(the bandwidth savings are considerable if I just keep using this photo over and over again
Along with tipping Tom Kelly to succeed Dusty Baker in Chicago, the St. Paul Pioneer Press’ Charley Waters tries to impress us with the fact he receives his copy of Slam Magazine early.
The Timberwolves’ Kevin Garnett in a coming issue of Slam Magazine: “¦one thing that I can’t stand is if I’m working hard and the organization upstairs isn’t working hard, it’s not fair. It’s not fair to me.”
Asked if he would want to leave if the Wolves don’t improve, Garnett said: “I got to.” Down the road somewhere? “I got to. If you’re not working towards a championship, then why are we in this? I’m in it to win, man, I’m not in it to be coming back talking about next year. I’m 30. I’ve probably got four to five years, you know what I’m saying? My clock is ticking, man.”

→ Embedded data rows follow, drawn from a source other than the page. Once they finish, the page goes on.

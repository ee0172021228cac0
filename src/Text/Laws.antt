-- ===== src/Text/Laws.antt =====
-- What stripping, splitting and joining do to lengths and to emptiness.
use be25_fin_thanos_meetbowl.Prelude.{
  ℕ, ◌+◌, ◌≤◌, ◌≡◌, refl, false, [], ◌∷◌, arith, length, Bool-cases, inl, inr,
}
use be25_fin_thanos_meetbowl.Text.{Text, is_space, lstrip, keep, rstrip, strip}

pub length-lstrip-le : (s : Text) → length (lstrip s) ≤ length s
unfolding lstrip
length-lstrip-le [] = omega arith
length-lstrip-le (c ∷ s) = ground (arith, length-lstrip-le s)

length-keep-le : (c : ℕ) (r : Text) → length (keep c r) ≤ length r + 1
length-keep-le c [] = ground arith
length-keep-le c (d ∷ r) = omega arith

pub length-rstrip-le : (s : Text) → length (rstrip s) ≤ length s
unfolding rstrip
length-rstrip-le [] = omega arith
length-rstrip-le (c ∷ s) = omega (arith, length-rstrip-le s, length-keep-le c (rstrip s))

pub length-strip-le : (s : Text) → length (strip s) ≤ length s
unfolding strip
length-strip-le s = omega (arith, length-rstrip-le (lstrip s), length-lstrip-le s)

-- The first character of a stripped text is no space.
abbrev pub IsTrimmedLeft : Text → Type 0
IsTrimmedLeft [] = Unit
IsTrimmedLeft (c ∷ s) = is_space c ≡ false

lstrip-IsTrimmedLeft : (s : Text) → IsTrimmedLeft (lstrip s)
unfolding lstrip
lstrip-IsTrimmedLeft [] = tt
lstrip-IsTrimmedLeft (c ∷ s) = elim (Bool-cases (is_space c)) [
  | inl e ↦ rw e (lstrip-IsTrimmedLeft s)
  | inr e ↦ rw e e
]

pub lstrip_of_IsTrimmedLeft : (s : Text) → IsTrimmedLeft s → lstrip s ≡ s
unfolding lstrip
lstrip_of_IsTrimmedLeft [] h = refl
lstrip_of_IsTrimmedLeft (c ∷ s) h = rw h

keep-IsTrimmedLeft : (c : ℕ) (r : Text) → is_space c ≡ false → IsTrimmedLeft (keep c r)
keep-IsTrimmedLeft c [] h = rw h h
keep-IsTrimmedLeft c (d ∷ r) h = h

rstrip-IsTrimmedLeft : (s : Text) → IsTrimmedLeft s → IsTrimmedLeft (rstrip s)
unfolding rstrip
rstrip-IsTrimmedLeft [] h = tt
rstrip-IsTrimmedLeft (c ∷ s) h = keep-IsTrimmedLeft c (rstrip s) h

keep-rstrip_idem : (c : ℕ) (r : Text) → rstrip r ≡ r → rstrip (keep c r) ≡ keep c r
unfolding rstrip
keep-rstrip_idem c [] h = elim (Bool-cases (is_space c)) [ inl e ↦ rw e | inr e ↦ rw (e, e) ]
keep-rstrip_idem c (d ∷ r) h = rw h

rstrip_idem : (s : Text) → rstrip (rstrip s) ≡ rstrip s
unfolding rstrip
rstrip_idem [] = refl
rstrip_idem (c ∷ s) = keep-rstrip_idem c (rstrip s) (rstrip_idem s)

pub strip_idem : (s : Text) → strip (strip s) ≡ strip s
unfolding strip
strip_idem s =
    rw
      (lstrip_of_IsTrimmedLeft (rstrip (lstrip s))
        (rstrip-IsTrimmedLeft (lstrip s) (lstrip-IsTrimmedLeft s)))
      (rstrip_idem (lstrip s))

Just because the following quote is two weeks old, is no reason we can’t savor it. Celtics Doom’s verdict on the Kevin Pittsnogle signing :
It is classic Ainge marginalia, a heavily tattooed shiny object to dazzle the fans as he sifts amidst the garbage that litters the NBDL and summer leagues to find some brand new fool for us all to hang our hopes on.
Regardless of how many times I’ve seen that photo here it still makes me laugh.
glad you’re digging it, ‘Lil Dice, cause due to budget cuts, I’m gonna have to use it to illustrate all items about the Twins, the Wild, Golden Gopher hoops, Saints baseball, Morris Day, TVBC and Aaron Gleeman’s diet.
I assume the COCK SOUP pic is being saved for Grant Hart sightings and/or Dave Pirner reports, then?